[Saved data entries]
····················

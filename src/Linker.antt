-- ===== src/Linker.antt =====
-- Linker.cpp and linker_helpers/: addresses for a stream of instructions, then relocations.
-- Tracing is left out. A `size_t` is a number below 2^64, and its additions wrap.
pub mod Addresses
pub mod Layout
pub mod Process
pub mod Segments
pub mod Relocate
pub mod RelocateAddress
use bcpl.Prelude.{
  ℕ, ◌+◌, ◌-◌, ◌*◌, ◌/◌, ◌%◌, ◌^◌, bit_and, Bool, true, false, not, ◌&&◌, ◌||◌, List, [], ◌∷◌, Text,
  is_empty, if◌then◌else◌, Result, ok, err, runtime_error, ◌>>=◌,
}
use bcpl.Prelude.Int.{ℤ, pos, quot, signed, wrap}
use bcpl.BitPatcher.{patch}
use bcpl.Instruction.{Instruction, RelocationType, SegmentType}
use bcpl.RuntimeManager.{RuntimeManager, is_function_registered, get_function}
use bcpl.LabelManager.{LabelManager, define_label, is_label_defined, get_label_address}

abbrev pub add_size : ℕ → ℕ → ℕ
add_size a b = (a + b) % 2 ^ 64

-- `x & ~0xFFF` of a 64-bit number.
abbrev pub page : ℕ → ℕ
page x = bit_and x (2 ^ 64 - 2 ^ 12)

-- `instr.segment == SegmentType::CODE && !instr.is_label_definition`
abbrev pub counts_as_code : Instruction → Bool
counts_as_code instr = elim (instr.segment) [
  | SegmentType.code ↦ not instr.is_label_definition
  | _ ↦ false
]

-- Pass 1a: the size of the code segment.
unfoldable pub code_size : ℕ → List Instruction → ℕ
code_size size [] = size
code_size size (instr ∷ rest) =
    code_size (if counts_as_code instr then add_size size 4 else size) rest

unfoldable pub rodata_start : ℕ → ℕ → ℕ
rodata_start code_base size = page (add_size (add_size (add_size code_base size) (16 * 1024)) 0xFFF)

pub record Cursors : Type 0 where
  pub code : ℕ
  pub rodata : ℕ
  pub data_ : ℕ

abbrev pub cursor : SegmentType → Cursors → ℕ
cursor SegmentType.code c = c.code
cursor SegmentType.rodata c = c.rodata
cursor SegmentType.data_ c = c.data_

abbrev pub advance : SegmentType → Cursors → Cursors
advance SegmentType.code c = record c { code = add_size c.code 4 }
advance SegmentType.rodata c = record c { rodata = add_size c.rodata 4 }
advance SegmentType.data_ c = record c { data_ = add_size c.data_ 4 }

-- `!instr.assembly_text.empty() || instr.is_data_value`
abbrev pub emits : Instruction → Bool
emits instr = not (is_empty instr.assembly_text) || instr.is_data_value

-- Step 1 of pass 1b: a label definition is entered at the cursor of its segment.
unfoldable pub enter_label : Instruction → Cursors → LabelManager → Result LabelManager
enter_label instr c m =
    if instr.is_label_definition
    then define_label m instr.target_label (cursor instr.segment c)
    else ok m

-- Step 2: what emits a word gets the address, and moves the cursor.
unfoldable pub place : Instruction → Cursors → Instruction
place instr c = if emits instr then record instr { address = cursor instr.segment c } else instr

unfoldable pub move_cursor : Instruction → Cursors → Cursors
move_cursor instr c = if emits instr then advance instr.segment c else c

-- Pass 1b.
unfoldable pub assign :
    List Instruction → Cursors → LabelManager → Result (List Instruction × LabelManager)
assign [] c m = ok ([], m)
assign (instr ∷ rest) c m = do
  m' ← enter_label instr c m
  (placed, m'') ← assign rest (move_cursor instr c) m'
  ok (place instr c ∷ placed, m'')

unfoldable pub assign_addresses_and_resolve_labels :
    List Instruction → LabelManager → ℕ → ℕ → Result (List Instruction × LabelManager)
unfolding assign code_size rodata_start
assign_addresses_and_resolve_labels stream manager code_base data_base =
    let start : Cursors = record {
      code = code_base;
      rodata = rodata_start code_base (code_size 0 stream);
      data_ = data_base;
    } in
    assign stream start manager

-- `static_cast<int64_t>(a) - static_cast<int64_t>(b)`, wrapping.
abbrev pub difference : ℕ → ℕ → ℤ
difference a b = signed 64 ((a + 2 ^ 64 - b) % 2 ^ 64)

-- `x >> 12` of an `int64_t` is arithmetic: the page numbers are taken as 64-bit patterns.
abbrev pub page_number : ℤ → ℕ
page_number d = wrap 64 d / 2 ^ 12 % 2 ^ 21

unfoldable pub apply_pc_relative_relocation : ℕ → ℕ → ℕ → RelocationType → Result ℕ
apply_pc_relative_relocation word address target RelocationType.pc_relative_26_bit_offset =
    let imm26 = wrap 26 (quot (difference target address) 4) in patch word imm26 (pos 0) (pos 26)
apply_pc_relative_relocation word address target RelocationType.pc_relative_19_bit_offset =
    let imm19 = wrap 19 (quot (difference target address) 4) in patch word imm19 (pos 5) (pos 19)
apply_pc_relative_relocation word address target RelocationType.page_21_bit_pc_relative =
    let imm21 = page_number (difference (page target) (page address)) in
    do
      with_low ← patch word (imm21 % 2 ^ 2) (pos 29) (pos 2)
      patch with_low (imm21 / 2 ^ 2) (pos 5) (pos 19)
apply_pc_relative_relocation word address target RelocationType.add_12_bit_unsigned_offset =
    patch word (target % 2 ^ 12) (pos 10) (pos 12)
apply_pc_relative_relocation word address target _ = err runtime_error

unfoldable pub apply_movz_movk_relocation : ℕ → ℕ → RelocationType → Result ℕ
apply_movz_movk_relocation word target RelocationType.movz_movk_imm_0 =
    patch word (target % 2 ^ 16) (pos 5) (pos 16)
apply_movz_movk_relocation word target RelocationType.movz_movk_imm_16 =
    patch word (target / 2 ^ 16 % 2 ^ 16) (pos 5) (pos 16)
apply_movz_movk_relocation word target RelocationType.movz_movk_imm_32 =
    patch word (target / 2 ^ 32 % 2 ^ 16) (pos 5) (pos 16)
apply_movz_movk_relocation word target RelocationType.movz_movk_imm_48 =
    patch word (target / 2 ^ 48 % 2 ^ 16) (pos 5) (pos 16)
apply_movz_movk_relocation word target _ = err runtime_error

-- The `switch` of pass 2.
unfoldable pub relocate_word : RelocationType → ℕ → ℕ → ℕ → Result ℕ
unfolding apply_pc_relative_relocation apply_movz_movk_relocation
relocate_word RelocationType.pc_relative_26_bit_offset word address target =
    apply_pc_relative_relocation word address target RelocationType.pc_relative_26_bit_offset
relocate_word RelocationType.pc_relative_19_bit_offset word address target =
    apply_pc_relative_relocation word address target RelocationType.pc_relative_19_bit_offset
relocate_word RelocationType.page_21_bit_pc_relative word address target =
    apply_pc_relative_relocation word address target RelocationType.page_21_bit_pc_relative
relocate_word RelocationType.add_12_bit_unsigned_offset word address target =
    apply_pc_relative_relocation word address target RelocationType.add_12_bit_unsigned_offset
relocate_word RelocationType.movz_movk_imm_0 word address target =
    apply_movz_movk_relocation word target RelocationType.movz_movk_imm_0
relocate_word RelocationType.movz_movk_imm_16 word address target =
    apply_movz_movk_relocation word target RelocationType.movz_movk_imm_16
relocate_word RelocationType.movz_movk_imm_32 word address target =
    apply_movz_movk_relocation word target RelocationType.movz_movk_imm_32
relocate_word RelocationType.movz_movk_imm_48 word address target =
    apply_movz_movk_relocation word target RelocationType.movz_movk_imm_48
relocate_word RelocationType.absolute_address_lo32 word address target = ok (target % 2 ^ 32)
relocate_word RelocationType.absolute_address_hi32 word address target =
    ok (target / 2 ^ 32 % 2 ^ 32)
relocate_word _ word address target = ok word

-- Runtime functions come before labels.
unfoldable pub target_address : RuntimeManager → LabelManager → Text → Result ℕ
target_address runtime manager label =
    if is_function_registered runtime label
    then (do f ← get_function runtime label; ok f.address)
    else (if is_label_defined manager label
        then get_label_address manager label
        else err runtime_error)

abbrev pub is_none : RelocationType → Bool
is_none RelocationType.none = true
is_none _ = false

unfoldable pub perform_relocation : RuntimeManager → LabelManager → Instruction → Result Instruction
unfolding target_address relocate_word
perform_relocation runtime manager instr =
    if is_none instr.relocation || is_empty instr.target_label then ok instr else (do
      target ← target_address runtime manager instr.target_label
      word ← relocate_word instr.relocation instr.encoding instr.address target
      ok (record instr {
        encoding = word;
        resolved_symbol_name = instr.target_label;
        relocation_applied = true;
        resolved_target_address = target;
      }))

unfoldable pub perform_relocations :
    RuntimeManager → LabelManager → List Instruction → Result (List Instruction)
unfolding perform_relocation
perform_relocations runtime manager [] = ok []
perform_relocations runtime manager (instr ∷ rest) = do
  done ← perform_relocation runtime manager instr
  others ← perform_relocations runtime manager rest
  ok (done ∷ others)

-- `Linker::process`.
unfoldable pub process :
    List Instruction
    → LabelManager
    → RuntimeManager
    → ℕ
    → ℕ
    → Result (List Instruction × LabelManager)
unfolding assign_addresses_and_resolve_labels perform_relocations
process stream manager runtime code_base data_base = do
  (placed, manager') ← assign_addresses_and_resolve_labels stream manager code_base data_base
  linked ← perform_relocations runtime manager' placed
  ok (linked, manager')
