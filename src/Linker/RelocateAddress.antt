-- ===== src/Linker/RelocateAddress.antt =====
-- Relocations of whole addresses: MOVZ and MOVK, and ADRP with ADD.
use bcpl.Prelude.{
  ℕ, ◌+◌, ◌-◌, ◌*◌, ◌/◌, ◌%◌, ◌^◌, ◌≤◌, ◌<◌, ◌≡◌, ◌∙◌, ap, arith, ltb, if◌then◌else◌, ok, ◌>>=◌,
  >>=-eq-ok,
}
use bcpl.Prelude.Int.{pos, wrap, signed}
use bcpl.Prelude.Bits.{bit_and_field}
use bcpl.BitPatcher.{patch}
use bcpl.BitPatcher.Fields.{patch-Patched}
use bcpl.Instruction.{RelocationType}
use bcpl.Linker.{
  difference, page, page_number, apply_pc_relative_relocation, apply_movz_movk_relocation,
  relocate_word,
}

movz_word :
    (word v : ℕ) {w : ℕ}
    → word < 2 ^ 32
    → patch word v (pos 5) (pos 16) ≡ ok w
    → (w / 2 ^ 5 % 2 ^ 16 ≡ v % 2 ^ 16) × (w / 2 ^ 21 ≡ word / 2 ^ 21) × (w % 2 ^ 5 ≡ word % 2 ^ 5)
movz_word word v {w} small e =
    let (_, _, p) = patch-Patched word v (pos 5) (pos 16) small e in
    let a = p.above in (p.field, omega arith, p.below)

-- The four words of a MOVZ/MOVK sequence, relocated against one target below 2^64, hold its four
-- 16-bit parts, the lowest in the first, and keep all bits outside the immediate field.
pub relocate_word-movz_movk :
    (a b c d address target : ℕ) {a' b' c' d' : ℕ}
    → a < 2 ^ 32
    → b < 2 ^ 32
    → c < 2 ^ 32
    → d < 2 ^ 32
    → target < 2 ^ 64
    → relocate_word RelocationType.movz_movk_imm_0 a address target ≡ ok a'
    → relocate_word RelocationType.movz_movk_imm_16 b address target ≡ ok b'
    → relocate_word RelocationType.movz_movk_imm_32 c address target ≡ ok c'
    → relocate_word RelocationType.movz_movk_imm_48 d address target ≡ ok d'
    → (a' / 2 ^ 5 % 2 ^ 16
          + b' / 2 ^ 5 % 2 ^ 16 * 2 ^ 16
          + c' / 2 ^ 5 % 2 ^ 16 * 2 ^ 32
          + d' / 2 ^ 5 % 2 ^ 16 * 2 ^ 48
        ≡ target)
      × ((a' / 2 ^ 21 ≡ a / 2 ^ 21) × (a' % 2 ^ 5 ≡ a % 2 ^ 5))
      × ((b' / 2 ^ 21 ≡ b / 2 ^ 21) × (b' % 2 ^ 5 ≡ b % 2 ^ 5))
      × ((c' / 2 ^ 21 ≡ c / 2 ^ 21) × (c' % 2 ^ 5 ≡ c % 2 ^ 5))
      × ((d' / 2 ^ 21 ≡ d / 2 ^ 21) × (d' % 2 ^ 5 ≡ d % 2 ^ 5))
unfolding relocate_word apply_movz_movk_relocation
relocate_word-movz_movk a b c d address target sa sb sc sd st ea eb ec ed =
    let (fa, ha, la) = movz_word a _ sa ea in
    let (fb, hb, lb) = movz_word b _ sb eb in
    let (fc, hc, lc) = movz_word c _ sc ec in
    let (fd, hd, ld) = movz_word d _ sd ed in (omega arith, (ha, la), (hb, lb), (hc, lc), (hd, ld))

-- A 64-bit number without its low 12 bits.
pub page_lem : (x : ℕ) → x < 2 ^ 64 → page x ≡ x / 2 ^ 12 * 2 ^ 12
page_lem x h =
    let e : x ≡ (0 * 2 ^ 52 + x / 2 ^ 12) * 2 ^ 12 + x % 2 ^ 12 = omega arith in
    ap page e ∙ bit_and_field 12 52 0 (x / 2 ^ 12) (x % 2 ^ 12) (omega arith) (omega arith)

-- The page that ADRP at `pc` computes from its immediate.
abbrev pub adrp_page : ℕ → ℕ → ℕ
adrp_page pc imm21 =
    if ltb imm21 (2 ^ 20)
    then (pc / 2 ^ 12 * 2 ^ 12 + imm21 * 2 ^ 12) % 2 ^ 64
    else (pc / 2 ^ 12 * 2 ^ 12 + 2 ^ 64 - (2 ^ 21 - imm21) * 2 ^ 12) % 2 ^ 64

abbrev pub adrp_imm : ℕ → ℕ
adrp_imm w = w / 2 ^ 5 % 2 ^ 19 * 2 ^ 2 + w / 2 ^ 29 % 2 ^ 2

wrap-signed : (x : ℕ) → x < 2 ^ 64 → wrap 64 (signed 64 x) ≡ x
wrap-signed x h = ground arith

-- The immediate of ADRP is the distance of the pages, modulo 2^21.
page_distance :
    (address target : ℕ)
    → address < 2 ^ 64
    → target < 2 ^ 64
    → page_number (difference (page target) (page address))
      ≡ (target / 2 ^ 12 + 2 ^ 52 - address / 2 ^ 12) % 2 ^ 21
page_distance address target la lt =
    rw
      (
        page_lem target lt,
        page_lem address la,
        wrap-signed ((target / 2 ^ 12 * 2 ^ 12 + 2 ^ 64 - address / 2 ^ 12 * 2 ^ 12) % 2 ^ 64)
            (omega arith),
      )
      (omega arith)

adrp_reaches :
    (address target imm : ℕ)
    → address < 2 ^ 64
    → target < 2 ^ 64
    → target / 2 ^ 12 < address / 2 ^ 12 + 2 ^ 20
    → address / 2 ^ 12 ≤ target / 2 ^ 12 + 2 ^ 20
    → imm ≡ (target / 2 ^ 12 + 2 ^ 52 - address / 2 ^ 12) % 2 ^ 21
    → adrp_page address imm ≡ target / 2 ^ 12 * 2 ^ 12
adrp_reaches address target imm la lt near far e = ground arith

-- What the two patches of ADRP leave.
adrp_word :
    (word v : ℕ) {w : ℕ}
    → word < 2 ^ 32
    → v < 2 ^ 21
    → (patch word (v % 2 ^ 2) (pos 29) (pos 2) >>= λ low. patch low (v / 2 ^ 2) (pos 5) (pos 19))
      ≡ ok w
    → (adrp_imm w ≡ v)
      × (w % 2 ^ 5 ≡ word % 2 ^ 5)
      × (w / 2 ^ 24 % 2 ^ 5 ≡ word / 2 ^ 24 % 2 ^ 5)
      × (w / 2 ^ 31 ≡ word / 2 ^ 31)
      × (w < 2 ^ 32)
adrp_word word v {w} small h e =
    let (low, el, e1) = >>=-eq-ok (patch word (v % 2 ^ 2) (pos 29) (pos 2)) _ e in
    let (_, _, p) = patch-Patched word (v % 2 ^ 2) (pos 29) (pos 2) small el in
    let (_, _, q) = patch-Patched low (v / 2 ^ 2) (pos 5) (pos 19) p.small e1 in
    let pf = p.field in
    let pb = p.below in
    let pa = p.above in
    let qf = q.field in
    let qb = q.below in
    let qa = q.above in (omega arith, omega arith, omega arith, omega arith, q.small)

-- The relocations of an ADRP and of the ADD that follows it keep the other bits of the two words, and
-- the page of the first and the immediate of the second add up to the target, when both addresses are below
-- 2^64 and the target's page is less than 2^20 pages forward or at most 2^20 back from the ADRP.
pub relocate_word-adrp_add :
    (word add_word address add_address target : ℕ) {w x : ℕ}
    → word < 2 ^ 32
    → add_word < 2 ^ 32
    → address < 2 ^ 64
    → target < 2 ^ 64
    → target / 2 ^ 12 < address / 2 ^ 12 + 2 ^ 20
    → address / 2 ^ 12 ≤ target / 2 ^ 12 + 2 ^ 20
    → relocate_word RelocationType.page_21_bit_pc_relative word address target ≡ ok w
    → relocate_word RelocationType.add_12_bit_unsigned_offset add_word add_address target ≡ ok x
    → (adrp_page address (adrp_imm w) + x / 2 ^ 10 % 2 ^ 12 ≡ target)
      × (w % 2 ^ 5 ≡ word % 2 ^ 5)
      × (w / 2 ^ 24 % 2 ^ 5 ≡ word / 2 ^ 24 % 2 ^ 5)
      × (w / 2 ^ 31 ≡ word / 2 ^ 31)
      × (x % 2 ^ 10 ≡ add_word % 2 ^ 10)
      × (x / 2 ^ 22 ≡ add_word / 2 ^ 22)
unfolding relocate_word apply_pc_relative_relocation
relocate_word-adrp_add word add_word address add_address target {w} {x} sw sx la lt near far ew ex =
    let d = page_distance address target la lt in
    let (ei, el, ek, em, _) = adrp_word word _ sw (omega (arith, d)) ew in
    let (_, _, p) = patch-Patched add_word (target % 2 ^ 12) (pos 10) (pos 12) sx ex in
    let pf = p.field in
    let pb = p.below in
    let pa = p.above in
    let reached = adrp_reaches address target (adrp_imm w) la lt near far (ei ∙ d) in
    (rw reached (omega arith), el, ek, em, pb, omega arith)
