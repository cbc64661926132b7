-- ===== src/Linker/Relocate.antt =====
-- Relocations of branches: the processor goes from a relocated word to the target.
use bcpl.Prelude.{
  ℕ, suc, ◌+◌, ◌-◌, ◌*◌, ◌/◌, ◌%◌, ◌^◌, ◌≤◌, ◌<◌, ◌≡◌, ap, arith, ltb, leb, if◌then◌else◌, ok,
  Bool-cases, inl, inr, leb→le,
}
use bcpl.Prelude.Int.{pos, negsuc, quot, wrap}
use bcpl.BitPatcher.Fields.{patch-eq-splice}
use bcpl.Instruction.{RelocationType}
use bcpl.Linker.{difference, apply_pc_relative_relocation, relocate_word}

-- The address that a branch at `pc` with a signed word offset of `width` bits goes to.
abbrev pub branch_to : ℕ → ℕ → ℕ → ℕ
branch_to width pc imm =
    if ltb imm (2 ^ (width - 1))
    then (pc + 4 * imm) % 2 ^ 64
    else (pc + 2 ^ 64 - 4 * (2 ^ width - imm)) % 2 ^ 64

offset_forward : (a k : ℕ) → 4 * k < 2 ^ 63 → quot (difference (a + 4 * k) a) 4 ≡ pos k
offset_forward a k h =
    let e : (a + 4 * k + 2 ^ 64 - a) % 2 ^ 64 ≡ 4 * k = omega arith in rw e (ground arith)

offset_back : (t k : ℕ) → 4 * suc k < 2 ^ 63 → quot (difference t (t + 4 * suc k)) 4 ≡ negsuc k
offset_back t k h =
    let e : (t + 2 ^ 64 - (t + 4 * suc k)) % 2 ^ 64 ≡ 2 ^ 64 - 4 * suc k = omega arith in
    rw e (ground arith)

-- A target within reach, as a number of words forward or back.
data Reach (a t far near : ℕ) : Type 0 where
  forward : (k : ℕ) → t ≡ a + 4 * k → k ≤ near → Reach a t far near
  back : (k : ℕ) → a ≡ t + 4 * suc k → suc k ≤ far → Reach a t far near

reach :
    (a t far near : ℕ)
    → a % 4 ≡ 0
    → t % 4 ≡ 0
    → t ≤ a + 4 * near
    → a ≤ t + 4 * far
    → Reach a t far near
reach a t far near ha ht hn hf = elim (Bool-cases (leb a t)) [
  | inl e ↦ let h : a ≤ t = leb→le a t e in forward ((t - a) / 4) (omega arith) (omega arith)
  | inr e ↦ let h : suc t ≤ a = ground arith in back ((a - t) / 4 - 1) (omega arith) (omega arith)
]

-- The word of a relocation with a 26-bit field.
word_26 :
    (word address target v : ℕ)
    → word < 2 ^ 32
    → wrap 26 (quot (difference target address) 4) ≡ v
    → v < 2 ^ 26
    → relocate_word RelocationType.pc_relative_26_bit_offset word address target
      ≡ ok (word / 2 ^ 26 * 2 ^ 26 + v)
unfolding relocate_word apply_pc_relative_relocation
word_26 word address target v small e h =
    rw (e, patch-eq-splice word v 0 26 (omega arith) (omega arith) small) (ap ok (omega arith))

-- The relocation of a B or BL succeeds, keeps its six opcode bits, and makes it branch to the target,
-- when both addresses are multiples of 4 below 2^64 and the target is at most 2^25 words back or
-- 2^25 - 1 words forward.
pub relocate_word-branch_26 :
    (word address target : ℕ)
    → word < 2 ^ 32
    → address % 4 ≡ 0
    → target % 4 ≡ 0
    → address < 2 ^ 64
    → target < 2 ^ 64
    → target ≤ address + 4 * (2 ^ 25 - 1)
    → address ≤ target + 4 * 2 ^ 25
    → (w : ℕ) × (relocate_word RelocationType.pc_relative_26_bit_offset word address target ≡ ok w)
      × (branch_to 26 address (w % 2 ^ 26) ≡ target)
      × (w / 2 ^ 26 ≡ word / 2 ^ 26)
relocate_word-branch_26 word address target small ha ht la lt near far =
    elim (reach address target (2 ^ 25) (2 ^ 25 - 1) ha ht near far) [
      | forward k e h ↦
          let d : quot (difference target address) 4 ≡ pos k =
            rw e (offset_forward address k (omega arith)) in
          (
            word / 2 ^ 26 * 2 ^ 26 + k,
            word_26 word address target k small (rw d (ground arith)) (omega arith),
            ground arith,
            omega arith,
          )
      | back k e h ↦
          let d : quot (difference target address) 4 ≡ negsuc k =
            rw e (offset_back target k (omega arith)) in
          (
            word / 2 ^ 26 * 2 ^ 26 + (2 ^ 26 - suc k),
            word_26 word address target (2 ^ 26 - suc k) small (rw d (ground arith)) (omega arith),
            ground arith,
            omega arith,
          )
    ]

-- The word of a relocation with a 19-bit field.
word_19 :
    (word address target v : ℕ)
    → word < 2 ^ 32
    → wrap 19 (quot (difference target address) 4) ≡ v
    → v < 2 ^ 19
    → relocate_word RelocationType.pc_relative_19_bit_offset word address target
      ≡ ok ((word / 2 ^ 24 * 2 ^ 19 + v) * 2 ^ 5 + word % 2 ^ 5)
unfolding relocate_word apply_pc_relative_relocation
word_19 word address target v small e h =
    rw (e, patch-eq-splice word v 5 19 (omega arith) (omega arith) small) (ap ok (omega arith))

-- The relocation of a conditional branch (B.cond, CBZ, CBNZ) succeeds, keeps the eight bits above and
-- the five bits below the offset, and makes it branch to the target, when both addresses are multiples
-- of 4 below 2^64 and the target is at most 2^18 words back or 2^18 - 1 words forward.
pub relocate_word-branch_19 :
    (word address target : ℕ)
    → word < 2 ^ 32
    → address % 4 ≡ 0
    → target % 4 ≡ 0
    → address < 2 ^ 64
    → target < 2 ^ 64
    → target ≤ address + 4 * (2 ^ 18 - 1)
    → address ≤ target + 4 * 2 ^ 18
    → (w : ℕ) × (relocate_word RelocationType.pc_relative_19_bit_offset word address target ≡ ok w)
      × (branch_to 19 address (w / 2 ^ 5 % 2 ^ 19) ≡ target)
      × (w / 2 ^ 24 ≡ word / 2 ^ 24)
      × (w % 2 ^ 5 ≡ word % 2 ^ 5)
relocate_word-branch_19 word address target small ha ht la lt near far =
    elim (reach address target (2 ^ 18) (2 ^ 18 - 1) ha ht near far) [
      | forward k e h ↦
          let d : quot (difference target address) 4 ≡ pos k =
            rw e (offset_forward address k (omega arith)) in
          (
            (word / 2 ^ 24 * 2 ^ 19 + k) * 2 ^ 5 + word % 2 ^ 5,
            word_19 word address target k small (rw d (ground arith)) (omega arith),
            (let f : ((word / 2 ^ 24 * 2 ^ 19 + k) * 2 ^ 5 + word % 2 ^ 5) / 2 ^ 5 % 2 ^ 19 ≡ k =
                  omega arith in
                rw f (ground arith)),
            omega arith,
            omega arith,
          )
      | back k e h ↦
          let d : quot (difference target address) 4 ≡ negsuc k =
            rw e (offset_back target k (omega arith)) in
          let v = 2 ^ 19 - suc k in
          (
            (word / 2 ^ 24 * 2 ^ 19 + v) * 2 ^ 5 + word % 2 ^ 5,
            word_19 word address target v small (rw d (ground arith)) (omega arith),
            (let f : ((word / 2 ^ 24 * 2 ^ 19 + v) * 2 ^ 5 + word % 2 ^ 5) / 2 ^ 5 % 2 ^ 19 ≡ v =
                  omega arith in
                rw f (ground arith)),
            omega arith,
            omega arith,
          )
    ]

····················

• [Problem requirements] Reproduce exactly, and only, the lines from the start of the entries through the one that contains "pub data_ : ℕ".

• [Output below]
filename src/Linker.antt
-- ===== src/Linker.antt =====
-- Linker.cpp and linker_helpers/: addresses for a stream of instructions, then relocations.
-- Tracing is left out. A `size_t` is a number below 2^64, and its additions wrap.
pub mod Addresses
pub mod Layout
pub mod Process
pub mod Segments
pub mod Relocate
pub mod RelocateAddress
use bcpl.Prelude.{
  ℕ, ◌+◌, ◌-◌, ◌*◌, ◌/◌, ◌%◌, ◌^◌, bit_and, Bool, true, false, not, ◌&&◌, ◌||◌, List, [], ◌∷◌, Text,
  is_empty, if◌then◌else◌, Result, ok, err, runtime_error, ◌>>=◌,
}
use bcpl.Prelude.Int.{ℤ, pos, quot, signed, wrap}
use bcpl.BitPatcher.{patch}
use bcpl.Instruction.{Instruction, RelocationType, SegmentType}
use bcpl.RuntimeManager.{RuntimeManager, is_function_registered, get_function}
use bcpl.LabelManager.{LabelManager, define_label, is_label_defined, get_label_address}

abbrev pub add_size : ℕ → ℕ → ℕ
add_size a b = (a + b) % 2 ^ 64

-- `x & ~0xFFF` of a 64-bit number.
abbrev pub page : ℕ → ℕ
page x = bit_and x (2 ^ 64 - 2 ^ 12)

-- `instr.segment == SegmentType::CODE && !instr.is_label_definition`
abbrev pub counts_as_code : Instruction → Bool
counts_as_code instr = elim (instr.segment) [
  | SegmentType.code ↦ not instr.is_label_definition
  | _ ↦ false
]

-- Pass 1a: the size of the code segment.
unfoldable pub code_size : ℕ → List Instruction → ℕ
code_size size [] = size
code_size size (instr ∷ rest) =
    code_size (if counts_as_code instr then add_size size 4 else size) rest

unfoldable pub rodata_start : ℕ → ℕ → ℕ
rodata_start code_base size = page (add_size (add_size (add_size code_base size) (16 * 1024)) 0xFFF)

pub record Cursors : Type 0 where
  pub code : ℕ
  pub rodata : ℕ
  pub data_ : ℕ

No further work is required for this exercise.